My first question for mark was one that I didn’t even think of asking (because I hadn’t noticed) until I reread his first collection Tender Mercies. What’s with the lowercase m in his given name, ‘mark,’ and Uppercase S in his family name?

“I firmly believe that the Work is far more important than I am.  However, I do not wish to show any disrespect to my family as they are quite important.  Not only to me, but in their own right and accomplishments.  So, I honor them and leave my given name lower case.”

mark began his writing journey as a self-proclaimed “angsty” teenager, but argues that back then, he “had nothing to say that hadn’t been said before.” He got more serious about writing in 2008, and continues to write today because it has become habitual and “more importantly,” explains mark, “it’s become needful for me to do so.”

James Brush, author of the blog ‘Coyote Mercury,’ wrote about mark Stratton’s writing style in his recent review of  Tender Mercies:

I don’t always get what mark’s getting at, but the ride, the language, is a pleasure, and sometimes a line or two finds a place in my mind, takes root and won’t leave me alone. So the book goes back in the bag and I carry it around some more, sometimes forgetting it’s there only to be happily surprised again.

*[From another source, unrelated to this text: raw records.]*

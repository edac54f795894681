-- ===== src/Json.antt =====
-- JSON values as `json.loads` gives them, and what the program asks of them: `dict.get`,
-- `isinstance` and truth.
use oracle_patching.Prelude.{
  ℕ, String, Bool, true, false, not, ◌&&◌, Option, none, some, List, [], ◌∷◌, ◌==◌, string_eq,
  nat_eq, if◌then◌else◌,
}

mutual
  -- `neg n` is the integer -(n + 1). Of a number that is read as a `float` the program asks no more
  -- than its sign (`true` below 0), its whole part and whether it has a fraction.
  pub data Json : Type 0 where
    null : Json
    bool : Bool → Json
    int : ℕ → Json
    neg : ℕ → Json
    real : Bool → ℕ → Bool → Json
    str : String → Json
    arr : Items → Json
    obj : Fields → Json

  pub data Items : Type 0 where
    nil : Items
    cons : Json → Items → Items

  pub data Fields : Type 0 where
    end : Fields
    field : String → Json → Fields → Fields

unfoldable pub find : String → Fields → Option Json
find k end = none
find k (field j v fs) = if j == k then some v else find k fs

-- `value.get(k)`, with `null` for `None`; the program calls it on a `dict` only.
unfoldable pub get : String → Json → Json
unfolding find
get k (obj fs) = elim (find k fs) [ none ↦ null | some v ↦ v ]
get k _ = null

-- `value.get(k, default)`
unfoldable pub get_or : String → Json → Json → Json
unfolding find
get_or k (obj fs) d = elim (find k fs) [ none ↦ d | some v ↦ v ]
get_or k _ d = d

-- `isinstance(value, dict)`
unfoldable pub is_dict : Json → Bool
is_dict (obj fs) = true
is_dict _ = false

-- `bool(value)`
unfoldable pub truthy : Json → Bool
truthy null = false
truthy (bool b) = b
truthy (int n) = if n == 0 then false else true
truthy (neg n) = true
truthy (real below whole fraction) = if whole == 0 then fraction else true
truthy (str s) = if s == "" then false else true
truthy (arr nil) = false
truthy (arr (cons v vs)) = true
truthy (obj end) = false
truthy (obj (field k v fs)) = true

-- `value == "text"`
unfoldable pub is_str : String → Json → Bool
is_str t (str s) = s == t
is_str t _ = false

-- `value == n`; a `bool` is an integer in Python.
unfoldable pub is_int : ℕ → Json → Bool
is_int n (int m) = m == n
is_int n (bool true) = n == 1
is_int n (bool false) = n == 0
is_int n (real true whole fraction) = n == 0 && (whole == 0 && not fraction)
is_int n (real false whole fraction) = whole == n && not fraction
is_int n _ = false

-- `type(value) is int`
unfoldable pub typed_int : Json → Bool
typed_int (int n) = true
typed_int (neg n) = true
typed_int _ = false

-- A `dict` display's field: a new value keeps the place of the old one.
unfoldable pub set_field : String → Json → Fields → Fields
set_field k v end = field k v end
set_field k v (field j w fs) = if j == k then field j v fs else field j w (set_field k v fs)

-- The fields of `value or {}`, for a value that is `None` or a `dict`.
unfoldable pub fields : Json → Fields
fields (obj fs) = fs
fields _ = end

-- The elements of a `list`.
unfoldable pub elements : Items → List Json
elements nil = []
elements (cons v vs) = v ∷ elements vs

-- `str(value or default)`; `show` is `str` on a value that is no text.
unfoldable pub text_or : (show : Json → String) → String → Json → String
unfolding truthy
text_or show default (str s) = if s == "" then default else s
text_or show default v = if truthy v then show v else default

abbrev pub object_fields : List (String × Json) → Fields
object_fields [] = end
object_fields ((k, v) ∷ entries) = field k v (object_fields entries)

abbrev pub items_of : List Json → Items
items_of [] = nil
items_of (v ∷ vs) = cons v (items_of vs)

-- A `dict` display.
abbrev pub object : List (String × Json) → Json
object entries = obj (object_fields entries)

-- A `list` of values.
abbrev pub array : List Json → Json
array vs = arr (items_of vs)
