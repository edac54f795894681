-- ===== src/Auth/Registry.antt =====
-- The principal registry of webapp/auth.py: when it is in force, and `_load_entries`.
use oracle_patching.Prelude.{
  ℕ, String, Bool, true, false, not, ◌&&◌, ◌||◌, Option, none, some, List, [], ◌∷◌, ◌==◌, string_eq,
  any, if◌then◌else◌,
}
use oracle_patching.Prelude.Text.{codes, strip, is_on, is_off, is_hex}
use oracle_patching.Prelude.Dict
use oracle_patching.Json
use oracle_patching.Json.{Json}
use oracle_patching.Exec.{Result, ok, err, and_then, check, some_or}

-- The texts of `AuthError`; `auth_status` gives the HTTP status of each.
pub data AuthError : Type 0 where
  missing_credential registry_unsafe registry_unreadable registry_empty malformed_entry : AuthError
  invalid_identity invalid_digest digest_required : AuthError
  unknown_action actor_required not_a_principal lacks_role : AuthError

unfoldable pub auth_status : AuthError → ℕ
auth_status missing_credential = 401
auth_status registry_unsafe = 503
auth_status registry_unreadable = 503
auth_status registry_empty = 503
auth_status malformed_entry = 503
auth_status invalid_identity = 503
auth_status invalid_digest = 503
auth_status digest_required = 503
auth_status unknown_action = 500
auth_status actor_required = 403
auth_status not_a_principal = 403
auth_status lacks_role = 403

-- ACTION_ROLES
unfoldable pub role_needs : List (String × List String)
role_needs =
    ("read", "viewer" ∷ "requester" ∷ "approver" ∷ "operator" ∷ "admin" ∷ [])
    ∷ ("create", "requester" ∷ "admin" ∷ [])
    ∷ ("approve", "approver" ∷ "admin" ∷ [])
    ∷ ("authorize", "operator" ∷ "admin" ∷ [])
    ∷ ("dispatch", "operator" ∷ "admin" ∷ [])
    ∷ ("execute", "operator" ∷ "admin" ∷ [])
    ∷ ("agent", "operator" ∷ "admin" ∷ [])
    ∷ []

-- ACTION_ROLES.get
unfoldable pub action_roles : String → Option (List String)
action_roles action = Dict.get action role_needs

-- The union of the values of ACTION_ROLES.
abbrev pub allowed_roles : List String
allowed_roles = "viewer" ∷ "requester" ∷ "approver" ∷ "operator" ∷ "admin" ∷ []

-- What stands at `principals_path()`: nothing, something that is no regular file or a symbolic link,
-- a file that is no JSON, or a JSON value.
pub data RegistryFile : Type 0 where
  missing unsafe unreadable : RegistryFile
  parsed : Json → RegistryFile

-- The environment's texts, "" where they are not set, and the registry.
pub record World : Type 0 where
  pub production_mode : String
  pub rbac_flag : String
  pub principals_file : String
  pub registry : RegistryFile

-- `principals_path().exists() or principals_path().is_symlink()`
unfoldable pub present : RegistryFile → Bool
present missing = false
present _ = true

unfoldable pub rbac_enabled : World → Bool
unfolding is_on is_off strip present
rbac_enabled w =
    if is_on w.production_mode
    then true
    else if is_off w.rbac_flag
    then false
    else if is_on w.rbac_flag
    then true
    else (if strip w.principals_file == "" then false else true) || present w.registry

pub record Principal : Type 0 where
  pub actor : String
  pub roles : List String
  pub token_sha256 : Option String

unfoldable pub mem_text : String → List String → Bool
unfolding any
mem_text t ts = any (λ u. u == t) ts

-- `roles`: a nonempty list of allowed texts.
unfoldable pub role_texts : Json.Items → Option (List String)
unfolding mem_text
role_texts Json.nil = some []
role_texts (Json.cons (Json.str r) vs) =
    let rest = role_texts vs in
    if mem_text r allowed_roles then elim rest [ none ↦ none | some rs ↦ some (r ∷ rs) ] else none
role_texts (Json.cons v vs) = none

unfoldable pub roles_of : Json → Option (List String)
unfolding role_texts
roles_of (Json.arr (Json.cons v vs)) = role_texts (Json.cons v vs)
roles_of _ = none

-- The digest of an entry, where it is acceptable: none or a SHA-256 value that is not in `seen`.
unfoldable pub digest_of : List String → Json → Result AuthError (Option String)
unfolding is_hex codes mem_text
digest_of seen Json.null = ok none
digest_of seen (Json.str d) =
    if is_hex 64 (codes d) && not (mem_text d seen) then ok (some d) else err invalid_digest
digest_of seen v = err invalid_digest

-- `entry["actor"]`, where the entry is a `dict` and this is a text
unfoldable pub actor_of : Json → Option String
unfolding Json.get
actor_of (Json.obj fs) = elim (Json.get "actor" (Json.obj fs)) [ Json.str a ↦ some a | v ↦ none ]
actor_of v = none

unfoldable pub add_digest : Option String → List String → List String
add_digest none ds = ds
add_digest (some d) ds = d ∷ ds

unfoldable pub has_digest : Option String → Bool
has_digest none = false
has_digest (some d) = true

-- One entry, after those with the actors and digests seen.
unfoldable pub check_entry :
    (required : Bool) (actors digests : List String) → Json → Result AuthError Principal
unfolding actor_of strip mem_text roles_of digest_of Json.get has_digest
check_entry required actors digests entry =
    and_then (some_or malformed_entry (actor_of entry)) λ name.
      and_then (check (not (strip name == "" || mem_text (strip name) actors)) invalid_identity)
        λ _. and_then (some_or invalid_identity (roles_of (Json.get "roles" entry))) λ roles.
          and_then (digest_of digests (Json.get "token_sha256" entry)) λ digest.
            and_then (check (not required || has_digest digest) digest_required)
              λ _. ok (record { actor = strip name; roles = roles; token_sha256 = digest })

unfoldable pub check_entries :
    (required : Bool) (actors digests : List String) → List Json → Result AuthError (List Principal)
unfolding check_entry add_digest
check_entries required actors digests [] = ok []
check_entries required actors digests (v ∷ vs) =
    and_then (check_entry required actors digests v) λ p.
      and_then (check_entries required (p.actor ∷ actors) (add_digest p.token_sha256 digests) vs)
        λ ps. ok (p ∷ ps)

-- `_load_entries`
unfoldable pub load_entries : World → (required : Bool) → Result AuthError (List Principal)
unfolding rbac_enabled Json.get Json.elements check_entries
load_entries w required = elim w.registry [
  | missing ↦ if required || rbac_enabled w then err registry_unsafe else ok []
  | unsafe ↦ if required || rbac_enabled w then err registry_unsafe else ok []
  | unreadable ↦ err registry_unreadable
  | parsed v ↦ elim (Json.get "principals" v) [
    | Json.arr (Json.cons p ps) ↦ check_entries required [] [] (Json.elements (Json.cons p ps))
    | x ↦ err registry_empty
  ]
]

The most challenging part of writing Tender Mercies for mark was trusting the poems, trusting “when they were telling me they were connected as I was making them,” he explains.  The greatest reward, now that the book has been out a while, has been “learning that the poems have resonated with readers.”

He enjoys being a part of online writing communities on Twitter and Facebook, but it puzzles him at times.  “The very fact that people from all over the world have read my little scribbles fascinates me and humbles me at the same time,” he says.

Tender Mercies by mark Stratton

mark’s most recent chapbook Postmarks is, as he says, “a total DIY job, handmade and assembled by me.” mark even took the cover photo.

One of the poems, ‘Frank,’ takes on the persona of a dead speaker:  I’ll see them when/they get here, They’ll hate it too./And we’ll laugh. /Like being dead isn’t such a big deal after all.

A sign of the times, perhaps, is that ‘Frank’ was sparked by a discussion on Twitter. “The “trigger” for this was a discussion on Persona Poems on the Twitter #poetparty,” says mark. “The story in the poem is true, except for the parts I made up.  It was an exercise in writing outside of my own voice, and I was fairly pleased with the result.”

It doesn’t surprise mark that poetry survives, and in some places, thrives, today. “Poetry, in some for or another, will thrive and survive because it was in our souls, bone deep, to express ourselves.  The form and patterns may change, but poetry will survive as long as human kind does. Poetry truly is a way to express in words that which cannot be said any other way.”

You can follow mark (lowercase m) 🙂 on Twitter and Facebook, and please take a moment to check out his books Tender Mercies and Postmarks ~ support the art of poetry; support an indie author!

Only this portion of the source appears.